__What is required__.
Note every line in the entries that contains the string "above", and copy it.
___ The data ___
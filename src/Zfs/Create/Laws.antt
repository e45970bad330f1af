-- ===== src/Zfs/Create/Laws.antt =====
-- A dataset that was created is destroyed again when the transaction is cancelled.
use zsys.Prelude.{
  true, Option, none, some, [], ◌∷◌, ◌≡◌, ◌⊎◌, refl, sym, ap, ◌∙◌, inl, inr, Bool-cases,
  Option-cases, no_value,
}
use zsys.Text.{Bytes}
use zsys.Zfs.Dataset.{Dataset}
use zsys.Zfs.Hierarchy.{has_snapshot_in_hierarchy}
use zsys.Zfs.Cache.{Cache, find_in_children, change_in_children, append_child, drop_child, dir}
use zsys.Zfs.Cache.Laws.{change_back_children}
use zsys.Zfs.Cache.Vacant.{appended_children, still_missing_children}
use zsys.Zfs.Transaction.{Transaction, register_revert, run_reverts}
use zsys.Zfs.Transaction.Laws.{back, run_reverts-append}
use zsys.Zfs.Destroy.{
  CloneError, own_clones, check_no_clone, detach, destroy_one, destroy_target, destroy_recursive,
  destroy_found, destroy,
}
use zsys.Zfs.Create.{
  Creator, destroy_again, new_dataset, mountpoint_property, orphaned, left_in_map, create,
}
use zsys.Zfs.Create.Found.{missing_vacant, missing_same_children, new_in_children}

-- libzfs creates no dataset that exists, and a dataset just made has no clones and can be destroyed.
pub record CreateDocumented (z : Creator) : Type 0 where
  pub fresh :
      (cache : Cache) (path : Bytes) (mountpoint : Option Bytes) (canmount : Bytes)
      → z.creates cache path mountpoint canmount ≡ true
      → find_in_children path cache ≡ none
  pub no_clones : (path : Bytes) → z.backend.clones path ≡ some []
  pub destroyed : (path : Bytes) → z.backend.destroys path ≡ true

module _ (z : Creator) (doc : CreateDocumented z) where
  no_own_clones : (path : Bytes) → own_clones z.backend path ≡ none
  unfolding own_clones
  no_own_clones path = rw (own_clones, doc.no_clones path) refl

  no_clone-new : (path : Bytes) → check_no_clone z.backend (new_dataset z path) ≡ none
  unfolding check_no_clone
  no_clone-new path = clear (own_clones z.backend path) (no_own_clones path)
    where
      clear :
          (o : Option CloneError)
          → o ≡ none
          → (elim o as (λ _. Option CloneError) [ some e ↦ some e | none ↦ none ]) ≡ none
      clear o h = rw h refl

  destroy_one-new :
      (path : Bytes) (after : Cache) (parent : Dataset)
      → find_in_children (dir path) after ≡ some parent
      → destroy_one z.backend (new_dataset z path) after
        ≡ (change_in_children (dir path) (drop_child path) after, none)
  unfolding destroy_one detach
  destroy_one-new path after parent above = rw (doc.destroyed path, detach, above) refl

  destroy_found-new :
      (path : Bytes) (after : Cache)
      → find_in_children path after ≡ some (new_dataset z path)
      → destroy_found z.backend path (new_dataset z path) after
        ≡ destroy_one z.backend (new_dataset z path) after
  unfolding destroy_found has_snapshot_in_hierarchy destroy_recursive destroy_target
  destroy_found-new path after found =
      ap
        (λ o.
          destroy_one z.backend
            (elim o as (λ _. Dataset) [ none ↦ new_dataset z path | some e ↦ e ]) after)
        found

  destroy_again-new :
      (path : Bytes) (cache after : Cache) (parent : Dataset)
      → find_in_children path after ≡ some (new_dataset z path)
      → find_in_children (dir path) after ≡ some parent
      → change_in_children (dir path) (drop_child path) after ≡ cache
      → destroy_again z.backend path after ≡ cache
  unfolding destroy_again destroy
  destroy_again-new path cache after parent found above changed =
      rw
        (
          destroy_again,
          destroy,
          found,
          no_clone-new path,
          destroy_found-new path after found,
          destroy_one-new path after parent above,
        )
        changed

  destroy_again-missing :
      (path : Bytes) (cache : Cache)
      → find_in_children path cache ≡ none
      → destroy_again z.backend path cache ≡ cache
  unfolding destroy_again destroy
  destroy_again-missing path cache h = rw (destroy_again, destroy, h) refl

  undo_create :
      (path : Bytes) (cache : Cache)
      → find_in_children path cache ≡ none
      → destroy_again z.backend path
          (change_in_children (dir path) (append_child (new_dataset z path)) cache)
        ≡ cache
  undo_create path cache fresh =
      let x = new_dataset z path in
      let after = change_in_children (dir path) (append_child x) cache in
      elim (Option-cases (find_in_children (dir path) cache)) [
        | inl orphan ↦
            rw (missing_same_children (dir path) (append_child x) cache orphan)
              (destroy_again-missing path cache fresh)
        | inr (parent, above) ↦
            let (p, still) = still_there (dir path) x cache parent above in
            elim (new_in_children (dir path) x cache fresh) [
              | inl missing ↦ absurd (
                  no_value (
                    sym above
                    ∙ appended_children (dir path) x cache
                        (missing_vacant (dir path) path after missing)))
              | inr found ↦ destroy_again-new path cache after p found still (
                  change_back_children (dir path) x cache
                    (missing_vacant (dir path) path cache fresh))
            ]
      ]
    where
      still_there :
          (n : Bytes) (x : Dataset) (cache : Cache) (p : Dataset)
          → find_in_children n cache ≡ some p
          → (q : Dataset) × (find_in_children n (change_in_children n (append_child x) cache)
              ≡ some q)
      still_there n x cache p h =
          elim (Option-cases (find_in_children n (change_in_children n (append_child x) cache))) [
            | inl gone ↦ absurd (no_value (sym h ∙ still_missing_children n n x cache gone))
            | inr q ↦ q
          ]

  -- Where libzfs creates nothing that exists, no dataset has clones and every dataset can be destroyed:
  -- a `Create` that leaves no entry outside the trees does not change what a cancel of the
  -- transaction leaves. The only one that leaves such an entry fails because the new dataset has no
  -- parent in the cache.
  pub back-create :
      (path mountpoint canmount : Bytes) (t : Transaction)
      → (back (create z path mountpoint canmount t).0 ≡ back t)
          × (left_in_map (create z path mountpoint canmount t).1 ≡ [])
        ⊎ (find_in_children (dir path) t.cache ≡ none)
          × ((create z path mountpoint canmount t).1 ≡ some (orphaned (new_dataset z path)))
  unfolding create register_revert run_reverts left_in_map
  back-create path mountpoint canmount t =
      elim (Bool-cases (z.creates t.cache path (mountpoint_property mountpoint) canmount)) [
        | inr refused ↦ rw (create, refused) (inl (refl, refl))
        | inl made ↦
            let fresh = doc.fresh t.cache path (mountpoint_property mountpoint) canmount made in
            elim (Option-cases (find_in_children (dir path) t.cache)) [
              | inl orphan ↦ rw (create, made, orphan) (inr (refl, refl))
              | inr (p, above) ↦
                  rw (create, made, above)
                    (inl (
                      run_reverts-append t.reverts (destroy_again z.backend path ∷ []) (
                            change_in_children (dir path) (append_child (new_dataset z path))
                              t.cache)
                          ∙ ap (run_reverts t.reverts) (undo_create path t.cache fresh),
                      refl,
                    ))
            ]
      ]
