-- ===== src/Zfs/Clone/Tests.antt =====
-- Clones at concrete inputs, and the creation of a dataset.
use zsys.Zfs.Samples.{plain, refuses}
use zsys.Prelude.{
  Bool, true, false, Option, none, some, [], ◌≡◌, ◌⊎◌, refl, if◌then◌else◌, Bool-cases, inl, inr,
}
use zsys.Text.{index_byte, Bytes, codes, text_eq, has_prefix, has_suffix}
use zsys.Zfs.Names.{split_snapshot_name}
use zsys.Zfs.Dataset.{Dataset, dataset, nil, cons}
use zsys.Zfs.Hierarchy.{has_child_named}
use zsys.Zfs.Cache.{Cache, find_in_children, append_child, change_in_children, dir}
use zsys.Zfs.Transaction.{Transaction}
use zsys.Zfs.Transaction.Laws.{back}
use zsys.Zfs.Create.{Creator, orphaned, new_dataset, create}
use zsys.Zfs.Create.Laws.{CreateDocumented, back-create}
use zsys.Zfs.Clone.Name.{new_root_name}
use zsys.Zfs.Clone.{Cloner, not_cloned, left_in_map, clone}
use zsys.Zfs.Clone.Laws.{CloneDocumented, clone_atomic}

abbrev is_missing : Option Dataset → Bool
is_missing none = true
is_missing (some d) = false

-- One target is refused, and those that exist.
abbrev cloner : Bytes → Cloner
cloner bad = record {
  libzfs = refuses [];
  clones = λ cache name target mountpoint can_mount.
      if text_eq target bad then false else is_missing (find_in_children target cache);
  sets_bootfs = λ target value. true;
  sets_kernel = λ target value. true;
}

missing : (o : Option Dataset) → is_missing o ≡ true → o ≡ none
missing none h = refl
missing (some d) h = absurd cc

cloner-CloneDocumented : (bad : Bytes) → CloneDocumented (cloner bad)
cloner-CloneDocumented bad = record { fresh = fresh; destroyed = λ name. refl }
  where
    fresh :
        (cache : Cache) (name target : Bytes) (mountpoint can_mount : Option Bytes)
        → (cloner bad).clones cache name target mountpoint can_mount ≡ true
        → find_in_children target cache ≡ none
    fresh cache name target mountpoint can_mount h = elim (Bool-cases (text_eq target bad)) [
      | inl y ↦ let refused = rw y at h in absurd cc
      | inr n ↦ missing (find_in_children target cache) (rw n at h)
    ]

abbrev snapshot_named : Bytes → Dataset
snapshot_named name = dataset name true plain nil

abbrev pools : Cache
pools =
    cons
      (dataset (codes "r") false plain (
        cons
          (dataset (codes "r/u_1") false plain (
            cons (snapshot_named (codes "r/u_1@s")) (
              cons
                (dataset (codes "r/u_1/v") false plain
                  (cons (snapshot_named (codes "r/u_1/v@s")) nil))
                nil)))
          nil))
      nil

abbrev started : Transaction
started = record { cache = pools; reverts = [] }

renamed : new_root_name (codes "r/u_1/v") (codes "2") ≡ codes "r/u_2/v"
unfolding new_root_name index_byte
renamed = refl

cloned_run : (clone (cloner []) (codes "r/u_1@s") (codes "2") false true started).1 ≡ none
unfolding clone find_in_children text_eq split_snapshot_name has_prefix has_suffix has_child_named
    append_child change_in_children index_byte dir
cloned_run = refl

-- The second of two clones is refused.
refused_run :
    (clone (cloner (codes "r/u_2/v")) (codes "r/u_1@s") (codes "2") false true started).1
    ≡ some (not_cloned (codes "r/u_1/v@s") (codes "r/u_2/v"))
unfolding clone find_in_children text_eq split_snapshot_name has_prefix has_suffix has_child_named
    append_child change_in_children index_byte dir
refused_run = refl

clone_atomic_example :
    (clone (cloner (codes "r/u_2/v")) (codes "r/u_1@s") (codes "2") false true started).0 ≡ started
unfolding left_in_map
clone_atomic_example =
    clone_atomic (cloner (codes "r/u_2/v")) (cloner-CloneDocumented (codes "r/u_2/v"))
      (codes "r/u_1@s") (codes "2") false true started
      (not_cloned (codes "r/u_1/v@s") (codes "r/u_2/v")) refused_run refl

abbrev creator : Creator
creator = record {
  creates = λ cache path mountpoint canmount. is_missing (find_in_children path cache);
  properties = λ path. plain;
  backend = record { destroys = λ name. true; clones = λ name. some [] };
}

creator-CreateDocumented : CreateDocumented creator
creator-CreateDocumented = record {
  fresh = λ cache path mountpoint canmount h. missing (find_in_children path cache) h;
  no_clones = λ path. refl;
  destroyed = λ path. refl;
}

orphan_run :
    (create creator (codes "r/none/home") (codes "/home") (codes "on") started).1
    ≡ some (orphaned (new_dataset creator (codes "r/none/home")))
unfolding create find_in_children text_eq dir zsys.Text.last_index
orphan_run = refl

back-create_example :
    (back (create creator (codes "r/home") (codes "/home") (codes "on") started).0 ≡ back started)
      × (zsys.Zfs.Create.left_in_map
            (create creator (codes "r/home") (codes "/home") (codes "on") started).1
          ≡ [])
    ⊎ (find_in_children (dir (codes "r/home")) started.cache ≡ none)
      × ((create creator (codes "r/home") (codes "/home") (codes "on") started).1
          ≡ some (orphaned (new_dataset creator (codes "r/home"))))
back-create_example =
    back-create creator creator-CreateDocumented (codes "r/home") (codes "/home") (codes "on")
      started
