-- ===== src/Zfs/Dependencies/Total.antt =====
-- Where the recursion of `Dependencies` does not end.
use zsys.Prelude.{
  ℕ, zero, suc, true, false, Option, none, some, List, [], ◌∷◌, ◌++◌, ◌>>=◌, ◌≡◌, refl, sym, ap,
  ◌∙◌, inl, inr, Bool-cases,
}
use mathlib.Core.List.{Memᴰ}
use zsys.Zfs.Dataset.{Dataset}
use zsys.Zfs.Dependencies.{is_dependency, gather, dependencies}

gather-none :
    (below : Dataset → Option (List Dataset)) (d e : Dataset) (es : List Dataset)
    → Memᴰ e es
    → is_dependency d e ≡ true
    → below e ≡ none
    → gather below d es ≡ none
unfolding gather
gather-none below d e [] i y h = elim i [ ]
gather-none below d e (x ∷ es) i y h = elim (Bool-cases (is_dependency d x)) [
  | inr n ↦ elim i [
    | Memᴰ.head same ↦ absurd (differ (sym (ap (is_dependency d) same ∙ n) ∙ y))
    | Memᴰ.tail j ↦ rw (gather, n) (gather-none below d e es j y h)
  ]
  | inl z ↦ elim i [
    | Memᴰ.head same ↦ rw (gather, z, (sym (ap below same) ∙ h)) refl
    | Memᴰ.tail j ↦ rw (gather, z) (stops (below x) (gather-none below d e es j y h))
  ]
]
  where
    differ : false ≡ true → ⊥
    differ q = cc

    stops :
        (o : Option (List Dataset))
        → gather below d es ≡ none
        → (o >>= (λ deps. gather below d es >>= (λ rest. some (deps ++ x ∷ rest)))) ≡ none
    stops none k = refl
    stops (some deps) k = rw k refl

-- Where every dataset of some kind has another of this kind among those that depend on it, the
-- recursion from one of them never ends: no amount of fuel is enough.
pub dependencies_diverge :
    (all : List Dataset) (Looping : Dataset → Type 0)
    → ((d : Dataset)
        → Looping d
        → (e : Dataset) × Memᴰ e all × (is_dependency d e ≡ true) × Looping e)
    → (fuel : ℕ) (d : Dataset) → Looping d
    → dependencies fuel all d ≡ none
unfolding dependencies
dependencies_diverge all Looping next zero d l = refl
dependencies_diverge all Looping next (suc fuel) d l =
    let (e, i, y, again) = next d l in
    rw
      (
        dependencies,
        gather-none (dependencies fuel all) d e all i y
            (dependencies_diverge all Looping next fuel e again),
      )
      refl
___
__Exercise output__.
  destroy_one-new path after parent above = rw (doc.destroyed path, detach, above) refl
  destroy_again-new path cache after parent found above changed =
          destroy_one-new path after parent above,
        | inr (parent, above) ↦
            let (p, still) = still_there (dir path) x cache parent above in
                    sym above
              | inr (p, above) ↦
                  rw (create, made, above)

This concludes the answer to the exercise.